Nope, same wear patterns as bare carpet.
But way easier to launch and retrieve.

Wax 'em if you got 'em...


----------



## firecat1981 (Nov 27, 2007)

yep the gulf wax works much better then any spray I've tried and stays on longer.


----------



## jgregory01 (Nov 20, 2009)

The photo didnt work...here it is.


----------



## jgregory01 (Nov 20, 2009)

Ok...gulf wax it is. Just a good slathering I suppose will do.


----------



## Gramps (Nov 1, 2007)

Apply after you have been out on the water and the trailer bunks have had time to warm up.

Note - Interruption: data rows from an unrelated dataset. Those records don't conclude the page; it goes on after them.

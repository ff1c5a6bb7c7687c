-- ===== src/Service/Refund.antt =====
-- `Intents.Refund` of nem_pay/api/internal/service/money.go.
pub mod Effect
pub mod Atomic
use monorepo_payment.Base.{
  ℕ, ◌<◌, ◌≤◌, ◌≡◌, Bool, true, false, ◌&&◌, not, [], ◌∷◌, List, Option, none, some, find?,
  if◌then◌else◌, ◌==◌,
}
use monorepo_payment.Base.Int.{ℤ, pos, leb_ℤ, ltb_ℤ, eq_ℤ}
use monorepo_payment.StateMachine.{
  Mode, escrow, direct, mode_eq, Status, captured, settled, refunded, partially_refunded, status_eq,
  can_transition,
}
use monorepo_payment.Chart.{
  AccountKind, asset, liability, acquirer_receivable, platform_cash, merchant_payable,
  escrow_liability, segregated_cash, TransactionKind,
}
use monorepo_payment.Errors.{
  Error, db_failure, intent_not_found, invalid_amount, invalid_state, partial_escrow_refund,
  refund_exceeds_capture, partial_refund_before_settle,
}
use monorepo_payment.Db.{Uuid, PaymentIntent, Database}
use monorepo_payment.Db.Exec.{Env, Exec, Ending, HasFault, in_tx, require, raise, ◌>>=◌, ◌>>◌}
use monorepo_payment.Db.Intents.{is_of}
use monorepo_payment.Ledger.{Leg, post_transaction}
use monorepo_payment.Service.{lock, account, per_ref_account, debit_leg, credit_leg, advance}
use monorepo_payment.Service.Rules.{Advances, refund_lines}
use monorepo_payment.Service.Steps.{Found}

abbrev pub refund_legs : PaymentIntent → ℤ → Uuid → Uuid → List Leg
refund_legs pi amount debit credit =
    debit_leg debit amount pi.currency ∷ credit_leg credit amount pi.currency ∷ []

-- The branch of escrow intents: the full amount only.
unfoldable pub refund_escrow : Uuid → PaymentIntent → ℤ → Exec (Ending PaymentIntent)
refund_escrow merchant_id pi amount = do
  require (eq_ℤ amount (pos pi.amount)) partial_escrow_refund
  require (can_transition pi.settlement_mode pi.status refunded) invalid_state
  escrow_liab ← per_ref_account merchant_id liability escrow_liability pi.currency pi.id
  seg_cash ← account merchant_id asset segregated_cash pi.currency
  post_transaction merchant_id TransactionKind.refund (some pi.id)
      (refund_legs pi amount escrow_liab seg_cash)
  advance pi.id refunded

abbrev pub next_of : PaymentIntent → ℤ → Status
next_of pi amount = if eq_ℤ amount (pos pi.amount) then refunded else partially_refunded

-- acquirer_receivable before the settlement, platform_cash after it.
abbrev pub credit_kind : Status → AccountKind
credit_kind status = if status_eq status settled then platform_cash else acquirer_receivable

unfoldable pub refund_direct : Uuid → PaymentIntent → ℤ → Exec (Ending PaymentIntent)
refund_direct merchant_id pi amount = do
  require (not (ltb_ℤ (pos pi.amount) amount)) refund_exceeds_capture
  require (not (status_eq pi.status captured && ltb_ℤ amount (pos pi.amount)))
      partial_refund_before_settle
  require (can_transition pi.settlement_mode pi.status (next_of pi amount)) invalid_state
  payable ← account merchant_id liability merchant_payable pi.currency
  credit ← account merchant_id asset (credit_kind pi.status) pi.currency
  post_transaction merchant_id TransactionKind.refund (some pi.id)
      (refund_legs pi amount payable credit)
  advance pi.id (next_of pi amount)

unfoldable pub refund_locked : Mode → Uuid → PaymentIntent → ℤ → Exec (Ending PaymentIntent)
refund_locked mode merchant_id pi amount =
    if mode_eq mode escrow
    then refund_escrow merchant_id pi amount
    else refund_direct merchant_id pi amount

unfoldable pub refund_body : Uuid → Uuid → ℤ → Exec (Ending PaymentIntent)
refund_body id merchant_id amount = do
  pi ← lock id merchant_id
  refund_locked pi.settlement_mode merchant_id pi amount

unfoldable pub refund : Uuid → Uuid → ℤ → Exec PaymentIntent
refund id merchant_id amount =
    if leb_ℤ amount (pos 0) then raise invalid_amount else in_tx (refund_body id merchant_id amount)

-- The refunds that must be of the full amount: of an escrow intent, and before the settlement.
abbrev pub full_only : Mode → Status → Bool
full_only escrow status = true
full_only direct captured = true
full_only direct _ = false

-- Why a refund is refused.
pub data RefundRefused (env : Env) (db : Database) (id m : Uuid) (amount : ℤ) : Error → Type 0 where
  fault : HasFault env → RefundRefused env db id m amount db_failure
  not_positive : leb_ℤ amount (pos 0) ≡ true → RefundRefused env db id m amount invalid_amount
  missing : find? (is_of id m) db.intents ≡ none → RefundRefused env db id m amount intent_not_found
  not_full :
      (pi : PaymentIntent)
      → Found db id m pi
      → pi.settlement_mode ≡ escrow
      → eq_ℤ amount (pos pi.amount) ≡ false
      → RefundRefused env db id m amount partial_escrow_refund
  too_much :
      (pi : PaymentIntent)
      → Found db id m pi
      → pi.settlement_mode ≡ direct
      → ltb_ℤ (pos pi.amount) amount ≡ true
      → RefundRefused env db id m amount refund_exceeds_capture
  before_settle :
      (pi : PaymentIntent)
      → Found db id m pi
      → pi.settlement_mode ≡ direct
      → pi.status ≡ captured
      → ltb_ℤ amount (pos pi.amount) ≡ true
      → RefundRefused env db id m amount partial_refund_before_settle
  state :
      (pi : PaymentIntent)
      → Found db id m pi
      → can_transition pi.settlement_mode pi.status (next_of pi amount) ≡ false
      → RefundRefused env db id m amount invalid_state

-- What an accepted refund of `n` has done.
pub record Refunded (now : ℕ) (id m : Uuid) (n : ℕ) (old : Database) (updated : PaymentIntent)
    (db : Database) : Type 0 where
  pub pi : PaymentIntent
  pub row : Found old id m pi
  pub positive : 0 < n
  pub within : n ≤ pi.amount
  pub full : full_only pi.settlement_mode pi.status ≡ true → n ≡ pi.amount
  pub legal : can_transition pi.settlement_mode pi.status (next_of pi (pos n)) ≡ true
  pub advances :
      Advances old now pi
        (next_of pi (pos n))
        (refund_lines pi.settlement_mode pi.status n)
        updated
        db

Run the bar o' wax until the bunk appears "frosty", do this on three trips consecutively and you'll be set for 6 months or more.


----------



## firecat1981 (Nov 27, 2007)

Gramps is right, it sounds like alot of work but only takes about a minute to do both bunks. 

PS don't leave the wax in the car in the box alone, it is wax and it does melt with heat.


----------



## mark_gardner (Mar 18, 2009)

i really need something to make launching a little easier as i back the trailer till the bunks are just touching the waters edge then i push it off..... lots of grunt work there  didnt want my bunks to looks as though i just caked on a bunch of **** all over them so was looking for some wider glide sticks in black..... what do the bunks look like after the wax has been on them a while?


----------



## Brett (Jul 16, 2008)

like this...


----------



## firecat1981 (Nov 27, 2007)

ok first who cares what your bunks look like? they are for function not style! Do you stroll up to other guys at the ramp wearing a pair of cut off jean shorts and a tank top and say "Hey you got some nice looking bunks back there pal" ? ;D

Second, you can barely notice it once it gets heated up and soaks in.


----------



## mark_gardner (Mar 18, 2009)

i simply asked cause i've had nightmares of seeing my bunks looking like someone just got done iceing a cake   but the picture brett posted shows otherwise ;D


----------



## Gramps (Nov 1, 2007)

SBC you don't notice it once it melts in. It appears Brett's picture is right after application, when the sun beats down on waxy bunks they look slighty wet.


----------



## Brett (Jul 16, 2008)

> It appears Brett's picture is right after application


No... ;D...not quite

That's what bunks look like after a year of use,
and 4 blocks of wax have been absorbed into the carpeting.
Makes for a slick suface, as Daytona Kemo puts it:



> like I had greased those bunks with gull poop.


----------



## mark_gardner (Mar 18, 2009)

ok, ok ....you guys convinced me  : gonna hit winn dickie maybe tomorrow lookin' for some wax and a lonely girl in need of a new boyfriend   ;D


----------



## DuckNut (Apr 3, 2009)

SBC you got some pretty low standards 'cause there aint nothin but trash strolling the isles at that nasty store.  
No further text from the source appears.